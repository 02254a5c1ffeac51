-- ===== src/Markdown/Tags/Lossless.antt =====
-- Splitting a text into tags and plain text loses nothing, and what it calls a tag is one.
use memos_note.Common.{
  Bool-cases, length, All, get_last?, ℕ, zero, suc, ◌≤◌, ◌<◌, ◌≡◌, refl, inl, inr, Bool, true, not,
  Option, none, List, [], ◌∷◌, ◌++◌, arith,
}
use memos_note.Markdown.Tags.{
  max_tag_length, Segment, text, tag, Cell, chars, take_while, drop_while, is_open_hash, render,
  render_all, is_tag_cell, next_segment, parse_from, parse_segments,
}

chars-take-drop :
    (p : Cell → Bool) (cs : List Cell)
    → chars (take_while p cs) ++ chars (drop_while p cs) ≡ chars cs
chars-take-drop p [] = refl
chars-take-drop p (c ∷ cs) = elim (Bool-cases (p c)) [
  | inl h ↦ rw h (rw (chars-take-drop p cs))
  | inr h ↦ rw h
]

length-drop_while : (p : Cell → Bool) (cs : List Cell) → length (drop_while p cs) ≤ length cs
length-drop_while p [] = omega arith
length-drop_while p (c ∷ cs) = ground (arith, length-drop_while p cs)

take_while-All :
    (p : ℕ → Bool) (cs : List Cell) → All (λ c. p c ≡ true) (chars (take_while (λ c. p c.char) cs))
take_while-All p [] = tt
take_while-All p (c ∷ cs) = elim (Bool-cases (p c.char)) [
  | inl h ↦ rw h (h, take_while-All p cs)
  | inr h ↦ rw h tt
]

-- What the grammar asks of a tag.
abbrev pub IsTag : (ℕ → Bool) → Segment → Type 0
IsTag is_tag_char (text value) = Unit
IsTag is_tag_char (tag value) =
    (1 ≤ length value) × (length value ≤ max_tag_length) × All (λ c. is_tag_char c ≡ true) value

module _ (is_tag_char : ℕ → Bool) where
  render-next_segment :
      (prev : Option ℕ) (c : Cell) (cs : List Cell)
      → render (next_segment is_tag_char prev c cs).0
          ++ chars (next_segment is_tag_char prev c cs).1
        ≡ chars (c ∷ cs)
  unfolding next_segment
  render-next_segment prev c cs = ground (
    arith,
    chars-take-drop (is_tag_cell is_tag_char) cs,
    chars-take-drop (λ d. not (is_open_hash d)) cs,
  )

  length-next_segment :
      (prev : Option ℕ) (c : Cell) (cs : List Cell)
      → length (next_segment is_tag_char prev c cs).1 ≤ length cs
  unfolding next_segment
  length-next_segment prev c cs = ground (
    arith,
    length-drop_while (is_tag_cell is_tag_char) cs,
    length-drop_while (λ d. not (is_open_hash d)) cs,
  )

  next_segment-IsTag :
      (prev : Option ℕ) (c : Cell) (cs : List Cell)
      → IsTag is_tag_char (next_segment is_tag_char prev c cs).0
  unfolding next_segment
  next_segment-IsTag prev c cs = ground (arith, take_while-All is_tag_char cs)

  render_all-parse_from :
      (fuel : ℕ) (prev : Option ℕ) (cs : List Cell)
      → length cs < fuel
      → render_all (parse_from is_tag_char fuel prev cs) ≡ chars cs
  unfolding parse_from
  render_all-parse_from zero prev cs h = absurd (omega arith)
  render_all-parse_from (suc fuel) prev [] h = refl
  render_all-parse_from (suc fuel) prev (c ∷ cs) h =
      let (segment, rest) = next_segment is_tag_char prev c cs in
      rw
        (render_all-parse_from fuel (get_last? (render segment)) rest
          (omega (arith, length-next_segment prev c cs)))
        (render-next_segment prev c cs)

  parse_from-IsTag :
      (fuel : ℕ) (prev : Option ℕ) (cs : List Cell)
      → All (IsTag is_tag_char) (parse_from is_tag_char fuel prev cs)
  unfolding parse_from
  parse_from-IsTag zero prev cs = tt
  parse_from-IsTag (suc fuel) prev [] = tt
  parse_from-IsTag (suc fuel) prev (c ∷ cs) =
      let (segment, rest) = next_segment is_tag_char prev c cs in
      (next_segment-IsTag prev c cs, parse_from-IsTag fuel (get_last? (render segment)) rest)

  -- Written out again, the segments of a text are that text, for every table of tag characters:
  -- no character is lost, doubled or moved, and the rounds given to the loop are enough.
  pub render_all-parse_segments :
      (cs : List Cell) → render_all (parse_segments is_tag_char cs) ≡ chars cs
  unfolding parse_segments
  render_all-parse_segments cs = render_all-parse_from (suc (length cs)) none cs (omega arith)

  -- Every segment that is called a tag holds 1 to 100 characters, all of them tag characters.
  pub parse_segments-IsTag :
      (cs : List Cell) → All (IsTag is_tag_char) (parse_segments is_tag_char cs)
  unfolding parse_segments
  parse_segments-IsTag cs = parse_from-IsTag (suc (length cs)) none cs
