-- ===== src/Media/Entries/Laws.antt =====
-- Which attachments are listed.
use memos_note.Common.{
  ◌==◌, if◌then◌else◌, Bool-cases, both, neither, is_some, any, all, filter, Text, codes, text_eq,
  text_eq_sound, starts_with, ◌≡◌, refl, sym, ap, ap₂, ◌∙◌, inl, inr, Bool, true, false, not, ◌&&◌,
  ◌||◌, none, List, [], ◌∷◌, ◌++◌, map,
}
use memos_note.Api.{Attachment}
use memos_note.Media.Items.{
  AttachmentVisualItem, is_image_type, is_video_type, has, build_attachment_visual_items,
}
use memos_note.Media.Items.Shown.{shows, named}
use memos_note.Media.Entries.{
  image_file, audio_file, document_file, AttachmentItem, after, categorize_file,
  is_audio_or_document, visual_item_to_attachment_item, to_local_motion_items, is_visual,
  visual_ids, attachment_group_to_item, other_items, to_attachment_items,
}
use memos_note.Media.Types.{
  AttachmentType, includes, is_psd, is_image, is_midi_file, get_attachment_type,
}
use memos_note.Editor.State.{LocalFile}
use memos_note.Media.Items.Coverage.{or_true}
use memos_note.Media.Items.Complete.{apart, build_attachment_visual_items-shows}

-- An entry of a list is for the attachment of a name.
abbrev pub lists : List AttachmentItem → Text → Bool
lists items n = any (λ i. has n i.member_ids) items

lists-append :
    (is js : List AttachmentItem) (n : Text) → lists (is ++ js) n ≡ (lists is n || lists js n)
lists-append [] js n = refl
lists-append (i ∷ is) js n =
    ap (λ b. has n i.member_ids || b) (lists-append is js n)
    ∙ or_assoc (has n i.member_ids) (lists is n) (lists js n)
  where
    or_assoc : (p q r : Bool) → (p || (q || r)) ≡ ((p || q) || r)
    or_assoc true q r = refl
    or_assoc false q r = refl

visual-lists :
    (items : List AttachmentVisualItem) (n : Text)
    → lists (map visual_item_to_attachment_item items) n ≡ shows items n
unfolding visual_item_to_attachment_item
visual-lists [] n = refl
visual-lists (i ∷ items) n = ap (λ b. has n i.attachment_names || b) (visual-lists items n)

has-append : (n : Text) (s t : List Text) → has n (s ++ t) ≡ (has n s || has n t)
has-append n [] t = refl
has-append n (a ∷ s) t =
    ap (λ b. text_eq n a || b) (has-append n s t) ∙ or_assoc (text_eq n a) (has n s) (has n t)
  where
    or_assoc : (p q r : Bool) → (p || (q || r)) ≡ ((p || q) || r)
    or_assoc true q r = refl
    or_assoc false q r = refl

has-visual_ids :
    (items : List AttachmentVisualItem) (n : Text) → has n (visual_ids items) ≡ shows items n
has-visual_ids [] n = refl
has-visual_ids (i ∷ items) n =
    has-append n i.attachment_names (visual_ids items)
    ∙ ap (λ b. has n i.attachment_names || b) (has-visual_ids items n)

starts_with-append : (s p q : Text) → starts_with s (p ++ q) ≡ true → starts_with s p ≡ true
starts_with-append s [] q h = refl
starts_with-append [] (a ∷ p) q h = cc
starts_with-append (b ∷ s) (a ∷ p) q h =
    let (e, k) = both (b == a) (starts_with s (p ++ q)) h in
    ap₂ (λ x y. x && y) e (starts_with-append s p q k)

type_of_image :
    (t : Text)
    → is_psd t ≡ false
    → starts_with t (codes "image/") ≡ true
    → is_image_type (get_attachment_type t) ≡ true
unfolding get_attachment_type is_image
type_of_image t p e = rw e (rw p refl)

type_of_video :
    (t : Text)
    → starts_with t (codes "image/") ≡ false
    → starts_with t (codes "video/") ≡ true
    → is_video_type (get_attachment_type t) ≡ true
unfolding get_attachment_type is_image
type_of_video t e f = rw e (rw (starts_with-append t (codes "video") (codes "/") f) refl)

-- What is not shown as a medium, and is no Photoshop file, is sound or a document.
categorize_file_lem :
    (t : Text)
    → is_psd t ≡ false
    → is_image_type (get_attachment_type t) ≡ false
    → is_video_type (get_attachment_type t) ≡ false
    → is_audio_or_document (categorize_file t false) ≡ true
unfolding categorize_file
categorize_file_lem t p i v = elim (Bool-cases (starts_with t (codes "image/"))) [
  | inl e ↦ let c : true ≡ false = sym (type_of_image t p e) ∙ i in cc
  | inr e ↦ elim (Bool-cases (starts_with t (codes "video/"))) [
    | inl f ↦ let c : true ≡ false = sym (type_of_video t e f) ∙ v in cc
    | inr f ↦ rw e (rw f (sound_or_not (starts_with t (codes "audio/"))))
  ]
]
  where
    sound_or_not :
        (b : Bool) → is_audio_or_document (if b then audio_file else document_file) ≡ true
    sound_or_not true = refl
    sound_or_not false = refl

-- What the three types of Photoshop files come to.
psd_lem :
    (t : Text)
    → is_psd t ≡ true
    → (is_image_type (get_attachment_type t) ≡ false)
      × (is_video_type (get_attachment_type t) ≡ false)
      × (categorize_file t false ≡ image_file)
unfolding get_attachment_type is_image is_midi_file includes categorize_file
psd_lem t h = elim (Bool-cases (text_eq t (codes "image/vnd.adobe.photoshop"))) [
  | inl e ↦ rw (text_eq_sound t (codes "image/vnd.adobe.photoshop") e) (refl, refl, refl)
  | inr e ↦ elim (Bool-cases (text_eq t (codes "image/x-photoshop"))) [
    | inl f ↦ rw (text_eq_sound t (codes "image/x-photoshop") f) (refl, refl, refl)
    | inr f ↦
        let k : text_eq t (codes "image/photoshop") ≡ true =
          ap₂ (λ x y. x || y || text_eq t (codes "image/photoshop")) (sym e) (sym f) ∙ h in
        rw (text_eq_sound t (codes "image/photoshop") k) (refl, refl, refl)
  ]
]

not-true : (b : Bool) → not b ≡ true → b ≡ false
not-true true h = cc
not-true false h = refl

psd-visual : (a : Attachment) → is_psd a.type ≡ true → a.motion_media ≡ none → is_visual a ≡ false
unfolding is_visual
psd-visual a h m = let (i, v, _) = psd_lem a.type h in rw i (rw v (rw m refl))

filter-drops {ℓ} :
    {A : Type ℓ} (p : A → Bool) (before after : List A) (a : A)
    → p a ≡ false
    → filter p (before ++ a ∷ after) ≡ filter p (before ++ after)
filter-drops p [] after a h = rw h refl
filter-drops p (b ∷ before) after a h = elim (Bool-cases (p b)) [
  | inl e ↦ rw e (ap (λ l. b ∷ l) (filter-drops p before after a h))
  | inr e ↦ rw e (filter-drops p before after a h)
]

module _ (origin : Text) where
  -- An attachment that waits is listed, or the later ones are.
  other-lists :
      (ids : List Text) (n : Text) (list : List Attachment)
      → has n ids ≡ false
      → any (λ b. text_eq n b.name && not (is_visual b)) list ≡ true
      → all (λ a. not (is_psd a.type)) list ≡ true
      → lists (other_items origin ids list) n ≡ true
  unfolding other_items attachment_group_to_item is_visual
  other-lists ids n [] h k p = cc
  other-lists ids n (b ∷ list) h k p = elim (Bool-cases (text_eq n b.name && not (is_visual b))) [
    | inl t ↦
        let (same, unseen) = both (text_eq n b.name) (not (is_visual b)) t in
        let (media, _) =
          neither (is_image_type type || is_video_type type) (is_some b.motion_media)
            (not-true (is_visual b) unseen) in
        let (i, v) = neither (is_image_type type) (is_video_type type) media in
        let other = ap (λ x. has x ids) (sym (text_eq_sound n b.name same)) ∙ h in
        let sound = categorize_file_lem b.type (not-true (is_psd b.type) (both _ _ p).0) i v in
        rw other (rw sound (rw same refl))
    | inr t ↦
        let rest = other-lists ids n list h (ap (λ x. x || waiting) (sym t) ∙ k) (both _ _ p).1 in
        elim (Bool-cases (has b.name ids)) [
          | inl q ↦ rw q rest
          | inr q ↦ elim (Bool-cases (is_audio_or_document (categorize_file b.type false))) [
            | inl c ↦ rw q (
                rw c (
                  ap (λ x. text_eq n b.name || false || x) rest
                  ∙ or_true (text_eq n b.name || false)))
            | inr c ↦ rw q (rw c rest)
          ]
        ]
  ]
    where
      type : AttachmentType
      type = get_attachment_type b.type

      waiting : Bool
      waiting = any (λ a. text_eq n a.name && not (is_visual a)) list

  named-visual :
      (n : Text) (list : List Attachment)
      → named n list ≡ true
      → named n (filter is_visual list) ≡ false
      → any (λ b. text_eq n b.name && not (is_visual b)) list ≡ true
  named-visual n [] h k = cc
  named-visual n (b ∷ list) h k = elim (Bool-cases (is_visual b)) [
    | inl v ↦
        let k' =
          ap (λ x. named n (let rest = filter is_visual list in if x then b ∷ rest else rest))
            (sym v)
          ∙ k in
        let (t, r) = neither (text_eq n b.name) (named n (filter is_visual list)) k' in
        ap (λ x. (text_eq n b.name && not (is_visual b)) || x)
          (named-visual n list (ap (λ x. x || named n list) (sym t) ∙ h) r)
        ∙ or_true (text_eq n b.name && not (is_visual b))
    | inr v ↦
        let k' =
          ap (λ x. named n (let rest = filter is_visual list in if x then b ∷ rest else rest))
            (sym v)
          ∙ k in
        rw v (here (text_eq n b.name) (named n list) _ h (λ r. named-visual n list r k'))
  ]
    where
      here : (t r s : Bool) → (t || r) ≡ true → (r ≡ true → s ≡ true) → ((t && true) || s) ≡ true
      here true r s h f = refl
      here false r s h f = f h

  -- Any attachments and local files, if no attachment that is shown as a medium is named as a group of
  -- them is, and none is a Photoshop file: every attachment is in an entry of the editor's list.
  pub to_attachment_items-lists :
      (list : List Attachment) (files : List LocalFile) (n : Text)
      → apart (filter is_visual list) (filter is_visual list) ≡ true
      → all (λ a. not (is_psd a.type)) list ≡ true
      → named n list ≡ true
      → lists (to_attachment_items origin list files) n ≡ true
  unfolding to_attachment_items
  to_attachment_items-lists list files n a p h =
      lists-append (seen ++ others) (to_local_motion_items files) n
      ∙ ap (λ b. b || lists (to_local_motion_items files) n)
          (lists-append seen others n
            ∙ ap (λ b. b || lists others n) (visual-lists items n)
            ∙ shown_or_other)
    where
      items : List AttachmentVisualItem
      items = build_attachment_visual_items origin (filter is_visual list)

      seen : List AttachmentItem
      seen = map visual_item_to_attachment_item items

      others : List AttachmentItem
      others = other_items origin (visual_ids items) list

      shown_or_other : (shows items n || lists others n) ≡ true
      shown_or_other = elim (Bool-cases (shows items n)) [
        | inl e ↦ ap (λ b. b || lists others n) e
        | inr e ↦ elim (Bool-cases (named n (filter is_visual list))) [
          | inl v ↦
              let c : true ≡ false =
                sym ((build_attachment_visual_items-shows origin (filter is_visual list) n a v).0)
                ∙ e in
              cc
          | inr v ↦
              ap (λ b. shows items n || b)
                (other-lists (visual_ids items) n list (has-visual_ids items n ∙ e)
                  (named-visual n list h v) p)
              ∙ or_true (shows items n)
        ]
      ]

  others-psd :
      (ids : List Text) (before after : List Attachment) (a : Attachment)
      → is_psd a.type ≡ true
      → other_items origin ids (before ++ a ∷ after) ≡ other_items origin ids (before ++ after)
  unfolding other_items attachment_group_to_item
  others-psd ids [] after a h = elim (Bool-cases (has a.name ids)) [
    | inl e ↦ rw e refl
    | inr e ↦ let (_, _, c) = psd_lem a.type h in rw e (rw c refl)
  ]
  others-psd ids (b ∷ before) after a h =
      let rest = others-psd ids before after a h in
      elim (Bool-cases (has b.name ids)) [
        | inl e ↦ rw e rest
        | inr e ↦ elim (Bool-cases (is_audio_or_document (categorize_file b.type false))) [
          | inl c ↦ rw e (rw c (ap₂ (λ i is. i ∷ is) refl rest))
          | inr c ↦ rw e (rw c rest)
        ]
      ]

  -- A Photoshop file that is no part of a live photo, at any place among any attachments and with any
  -- local files: the editor's list is as it is without that file.
  pub to_attachment_items-psd :
      (before after : List Attachment) (a : Attachment) (files : List LocalFile)
      → is_psd a.type ≡ true
      → a.motion_media ≡ none
      → to_attachment_items origin (before ++ a ∷ after) files
        ≡ to_attachment_items origin (before ++ after) files
  unfolding to_attachment_items
  to_attachment_items-psd before after a files h m =
      ap (λ media. listed (before ++ a ∷ after) media)
        (filter-drops is_visual before after a (psd-visual a h m))
      ∙ ap (λ others. seen ++ others ++ to_local_motion_items files)
          (others-psd (visual_ids items) before after a h)
    where
      listed : List Attachment → List Attachment → List AttachmentItem
      listed list media =
          let items = build_attachment_visual_items origin media in
          map visual_item_to_attachment_item items
          ++ other_items origin (visual_ids items) list
          ++ to_local_motion_items files

      items : List AttachmentVisualItem
      items = build_attachment_visual_items origin (filter is_visual (before ++ after))

      seen : List AttachmentItem
      seen = map visual_item_to_attachment_item items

EXERCISE DIRECTIONS: Exactly repeat the lines above, from the opening line through the one with "render (next_segment is_tag_char prev c cs).0", and include nothing else.

SOLUTION FOR THIS PROBLEM:
repository 02254a5c1ffeac51
-- ===== src/Markdown/Tags/Lossless.antt =====
-- Splitting a text into tags and plain text loses nothing, and what it calls a tag is one.
use memos_note.Common.{
  Bool-cases, length, All, get_last?, ℕ, zero, suc, ◌≤◌, ◌<◌, ◌≡◌, refl, inl, inr, Bool, true, not,
  Option, none, List, [], ◌∷◌, ◌++◌, arith,
}
use memos_note.Markdown.Tags.{
  max_tag_length, Segment, text, tag, Cell, chars, take_while, drop_while, is_open_hash, render,
  render_all, is_tag_cell, next_segment, parse_from, parse_segments,
}

chars-take-drop :
    (p : Cell → Bool) (cs : List Cell)
    → chars (take_while p cs) ++ chars (drop_while p cs) ≡ chars cs
chars-take-drop p [] = refl
chars-take-drop p (c ∷ cs) = elim (Bool-cases (p c)) [
  | inl h ↦ rw h (rw (chars-take-drop p cs))
  | inr h ↦ rw h
]

length-drop_while : (p : Cell → Bool) (cs : List Cell) → length (drop_while p cs) ≤ length cs
length-drop_while p [] = omega arith
length-drop_while p (c ∷ cs) = ground (arith, length-drop_while p cs)

take_while-All :
    (p : ℕ → Bool) (cs : List Cell) → All (λ c. p c ≡ true) (chars (take_while (λ c. p c.char) cs))
take_while-All p [] = tt
take_while-All p (c ∷ cs) = elim (Bool-cases (p c.char)) [
  | inl h ↦ rw h (h, take_while-All p cs)
  | inr h ↦ rw h tt
]

-- What the grammar asks of a tag.
abbrev pub IsTag : (ℕ → Bool) → Segment → Type 0
IsTag is_tag_char (text value) = Unit
IsTag is_tag_char (tag value) =
    (1 ≤ length value) × (length value ≤ max_tag_length) × All (λ c. is_tag_char c ≡ true) value

module _ (is_tag_char : ℕ → Bool) where
  render-next_segment :
      (prev : Option ℕ) (c : Cell) (cs : List Cell)
      → render (next_segment is_tag_char prev c cs).0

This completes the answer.